"Zac, apa yang sedang kaulakukan di kamarmu? Dari pagi tadi kau tidak keluar dari kamarmu, bahkan kau menyuruh Powell untuk mengambilkan makananmu." Jacob terlihat khawatir pada Zac. Dia khawatir jika Zac sakit atau sedang dalam keadaan gilanya. Dia pun berdiri di dekat Zac yang sedang duduk seraya mengecek dokumen-dokumen dan berbagai gambar rumah yang sangat besar dari berbagai sisi di hadapannya.

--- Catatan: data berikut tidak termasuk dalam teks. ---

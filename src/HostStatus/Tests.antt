-- ===== src/HostStatus/Tests.antt =====
-- Runs of the host manager of dpark/hostatus.py, and the theorems at them.
use dpark.Common.{
  ℕ, ◌≡◌, refl, true, Option, some, none, List, [], ◌∷◌, Result, ok, raise, contains, arith,
}
use dpark.Common.Dicts.{has_key}
use dpark.HostStatus.{
  HostManager, register_host, task_failed, task_succeed, task_failed_on_host, new_status,
  should_forbit,
}
use dpark.HostStatus.Choice.{Fraction, at_most, offer_choice}
use dpark.HostStatus.Failures.{
  IsTracked, Forgets, register_host-IsTracked, task_failed-IsTracked, task_succeed-Forgets,
}
use dpark.HostStatus.Choosing.{names, IsAnswer, offer_choice_lem}

abbrev no_hosts : HostManager
no_hosts = record { host_dict = []; failed_dict = [] }

abbrev two_hosts : HostManager
unfolding register_host
two_hosts = register_host 2 300 (register_host 1 300 no_hosts)

abbrev failed_once : HostManager
unfolding task_failed
failed_once = task_failed 10 7 1 two_hosts

no_hosts-IsTracked : IsTracked no_hosts
no_hosts-IsTracked = record { noted = λ id h e. cc; registered = λ id h e. cc }

two_hosts-IsTracked : IsTracked two_hosts
unfolding two_hosts register_host
two_hosts-IsTracked =
    register_host-IsTracked 2 300 (register_host 1 300 no_hosts)
      (register_host-IsTracked 1 300 no_hosts no_hosts-IsTracked)

failed_on_host : task_failed_on_host 7 1 failed_once ≡ true
unfolding task_failed_on_host failed_once two_hosts
failed_on_host = refl

-- Two failures keep a task off a host for 1200 units.
masked_after :
    (should_forbit 1000 7 (record (new_status 300) { failed_tasks = (7, 5 ∷ 10 ∷ []) ∷ [] })).1
    ≡ true
unfolding should_forbit
masked_after = refl

task_succeed-Forgets_example :
    (m' : HostManager) × (task_succeed 20 7 1 failed_once ≡ ok m') × Forgets 7 failed_once m'
unfolding failed_once task_failed
task_succeed-Forgets_example =
    task_succeed-Forgets 20 7 1 failed_once
      (task_failed-IsTracked 10 7 1 two_hosts two_hosts-IsTracked).tracked

abbrev draw_all : Fraction → Fraction
draw_all t = t

draw_all-at_most : (t : Fraction) → at_most (draw_all t) t ≡ true
draw_all-at_most t = ground arith

abbrev two_offers : List (ℕ × (ℕ × ℕ))
two_offers = (1, (0, 70)) ∷ (2, (1, 71)) ∷ []

offered-registered :
    (x : ℕ) → contains (names two_offers) x ≡ true → has_key x failed_once.host_dict ≡ true
unfolding failed_once two_hosts
offered-registered x h = ground arith

abbrev answer_of : {A B : Type 0} → Result (A × Option B) → Option B
answer_of (ok (a, o)) = o
answer_of (raise e) = none

-- the other host is taken while the failure is recent
chosen : answer_of (offer_choice 20 draw_all 7 two_offers [] failed_once) ≡ some (1, 71)
unfolding offer_choice failed_once two_hosts
chosen = refl

offer_choice_lem_example :
    (r : HostManager × Option (ℕ × ℕ)) × (offer_choice 20 draw_all 7 two_offers [] failed_once
      ≡ ok r)
    × IsAnswer 20 draw_all 7 two_offers [] failed_once r.1
offer_choice_lem_example =
    offer_choice_lem 20 draw_all 7 two_offers [] failed_once draw_all-at_most offered-registered
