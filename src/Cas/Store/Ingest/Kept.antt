-- ===== src/Cas/Store/Ingest/Kept.antt =====
-- crates/jet-cas/src/store.rs: what `ingest_dir` does to the store.

use jetrun.Prelude.{
  ℕ, Bool, true, List, [], ◌∷◌, ◌++◌, ok, Bytes, bytes_eq, bytes_eq_iff, bytes_eq_refl, any, All,
  In, ◌≡◌, refl, sym, subst, ◌∙◌, ap, ◌⊎◌, inl, inr, Bool-cases,
}
use mathlib.Core.Bool.{false≢true}
use jetrun.Cas.Tree.{Tree, Node, file, dir, symlink}
use jetrun.Cas.Store.{Object, has, get_bytes, put}
use jetrun.Cas.Store.Intact.{has-get_bytes}
use jetrun.Cas.Store.Put.{Reads, read_chunks}
use jetrun.Cas.Store.Ingest.{
  Dir, unreadable, readable, Entries, no_entries, bad_entry, entry, File, unstatable, symlink_to,
  directory, regular, special,
}

-- An object of this name is in the store.
abbrev pub IsStored : List Object → Bytes → Type 0
IsStored objects d = (b : Bytes) × (get_bytes objects d ≡ ok b)

-- What an entry of a manifest points to is in the store.
abbrev pub IsPresent : List Object → Node → Type 0
IsPresent objects (file digest size executable) = IsStored objects digest
IsPresent objects (dir digest) = IsStored objects digest
IsPresent objects (symlink target) = Unit

abbrev pub AllPresent : List Object → Tree → Type 0
AllPresent objects t = All (λ e. IsPresent objects e.1) t

-- The regular files under a directory.
unfoldable mutual
  pub files_of : Dir → List Reads
  files_of (unreadable e) = []
  files_of (readable entries) = files_in entries

  pub files_in : Entries → List Reads
  files_in no_entries = []
  files_in (bad_entry e) = []
  files_in (entry raw found rest) = files_at found ++ files_in rest

  pub files_at : File → List Reads
  files_at (unstatable e) = []
  files_at (symlink_to link) = []
  files_at (directory d staging) = files_of d
  files_at (regular reads executable) = reads ∷ []
  files_at special = []

-- The contents that a hash of the file may be of: what it is when read whole, or in chunks.
abbrev pub IsHashed : Reads → Bytes → Type 0
IsHashed r contents = (r.whole ≡ ok contents) ⊎ (read_chunks r.chunks ≡ ok contents)

-- What a file is answered as: the digest of contents that were hashed, and the size that it had.
abbrev pub IsFileOf : (Bytes → Bytes) → Reads → Bytes × ℕ → Type 0
IsFileOf blob_digest r a =
    (contents : Bytes) × IsHashed r contents
    × (a.0 ≡ blob_digest contents)
    × ((is_file : Bool) × (r.stat ≡ ok (is_file, a.1)))

-- The object of a file: named by what was hashed, with what was placed or copied.
abbrev pub IsBlob : (Bytes → Bytes) → Reads → Object → Type 0
IsBlob blob_digest r o =
    (contents : Bytes) × IsHashed r contents
    × (o.digest ≡ blob_digest contents)
    × ((o.bytes ≡ r.placed) ⊎ (o.bytes ≡ r.copied))

module _ (blob_digest tree_hash : Bytes → Bytes) (P : Reads → Type 0) where
  -- An object that is new: a manifest, named by its contents, or that of a file with P.
  abbrev pub IsNew : Object → Type 0
  IsNew o = (o.digest ≡ tree_hash o.bytes) ⊎ ((r : Reads) × P r × IsBlob blob_digest r o)

  -- Everything is read as before, and what was added is new in this sense.
  pub record Grows (before after : List Object) : Type 0 where
    pub kept : (d b : Bytes) → get_bytes before d ≡ ok b → get_bytes after d ≡ ok b
    pub added : (o : Object) → In o after → In o before ⊎ IsNew o

  pub Grows-refl : (os : List Object) → Grows os os
  Grows-refl os = record { kept = λ d b h. h; added = λ o m. inl m }

  pub Grows-trans : {a b c : List Object} → Grows a b → Grows b c → Grows a c
  Grows-trans p q = record {
    kept = λ d b h. q.kept d b (p.kept d b h);
    added = λ o m. elim (q.added o m) [ inl l ↦ p.added o l | inr n ↦ inr n ];
  }

  get_bytes-has : (os : List Object) (d b : Bytes) → get_bytes os d ≡ ok b → has os d ≡ true
  unfolding get_bytes has any
  get_bytes-has [] d b h = cc
  get_bytes-has (o ∷ os) d b h = elim (Bool-cases (bytes_eq o.digest d)) [
    | inl e ↦ rw e refl
    | inr e ↦ rw e (get_bytes-has os d b (rw e at h))
  ]

  pub put-Grows :
      (os : List Object) (d bytes : Bytes) (now : ℕ)
      → IsNew (record { digest = d; bytes = bytes; modified = now })
      → Grows os (put os d bytes now)
  unfolding get_bytes
  put-Grows os d bytes now n = elim (Bool-cases (has os d)) [
    | inl e ↦ rw e (Grows-refl os)
    | inr e ↦ rw e (record {
      kept = λ q b h. elim (Bool-cases (bytes_eq d q)) [
        | inl f ↦
            absurd
              (false≢true (sym e ∙ ap (has os) ((bytes_eq_iff d q).0 f) ∙ get_bytes-has os q b h))
        | inr f ↦ rw f h
      ];
      added = λ o m. elim m [ inl x ↦ inr (new_as o x) | inr l ↦ inl l ];
    })
  ]
    where
      new_as : (o : Object) → o ≡ record { digest = d; bytes = bytes; modified = now } → IsNew o
      new_as o x = subst IsNew (sym x) n

  pub put-IsStored :
      (os : List Object) (d bytes : Bytes) (now : ℕ) → IsStored (put os d bytes now) d
  unfolding get_bytes
  put-IsStored os d bytes now = elim (Bool-cases (has os d)) [
    | inl e ↦ rw e (has-get_bytes os d e)
    | inr e ↦ rw e (bytes, rw (bytes_eq_refl d) refl)
  ]

  pub IsPresent-kept :
      {a b : List Object} → Grows a b → (node : Node) → IsPresent a node → IsPresent b node
  IsPresent-kept g (file digest size executable) (bytes, h) = (bytes, g.kept digest bytes h)
  IsPresent-kept g (dir digest) (bytes, h) = (bytes, g.kept digest bytes h)
  IsPresent-kept g (symlink target) h = tt

  pub AllPresent-kept :
      {a b : List Object} → Grows a b → (t : Tree) → AllPresent a t → AllPresent b t
  AllPresent-kept g [] h = tt
  AllPresent-kept g ((name, node) ∷ es) (h, hs) = (IsPresent-kept g node h, AllPresent-kept g es hs)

Zac menghela napasnya. Tetapi dia tidak mengacuhkan Jacob yang memanggilnya. Dia tetap mengecek dokumen-dokumen di hadapannya itu.
Jacob mendengus kesal. "Zac. Aku di sini. Aku sedang berbicara padamu."
"Apa kau tidak melihat diriku sedang sibuk, Jacob?" tukas Zac dengan cepat tanpa mengalihkan pandangannya dari dokumen-dokumen itu.
Lagi-lagi, Jacob mendengus kesal. Kemudian, dia berkacak pinggang. "Kau sedang apa?"
"Mencari cara untuk membunuh Joshua Frederick," gumam Zac tanpa mengalihkan pandangannya.
Jacob pun menghela napasnya. Lalu, dia melihat-lihat dokumen-dokumen dan foto-foto yang tergeletak di atas meja kerja Zac. "Oh, kau sedang mempelajari rumahnya, kan? Mudah saja. Kau berpura-pura melamar menjadi penjaganya. Lalu, di saat yang tepat, kau bisa membunuhnya."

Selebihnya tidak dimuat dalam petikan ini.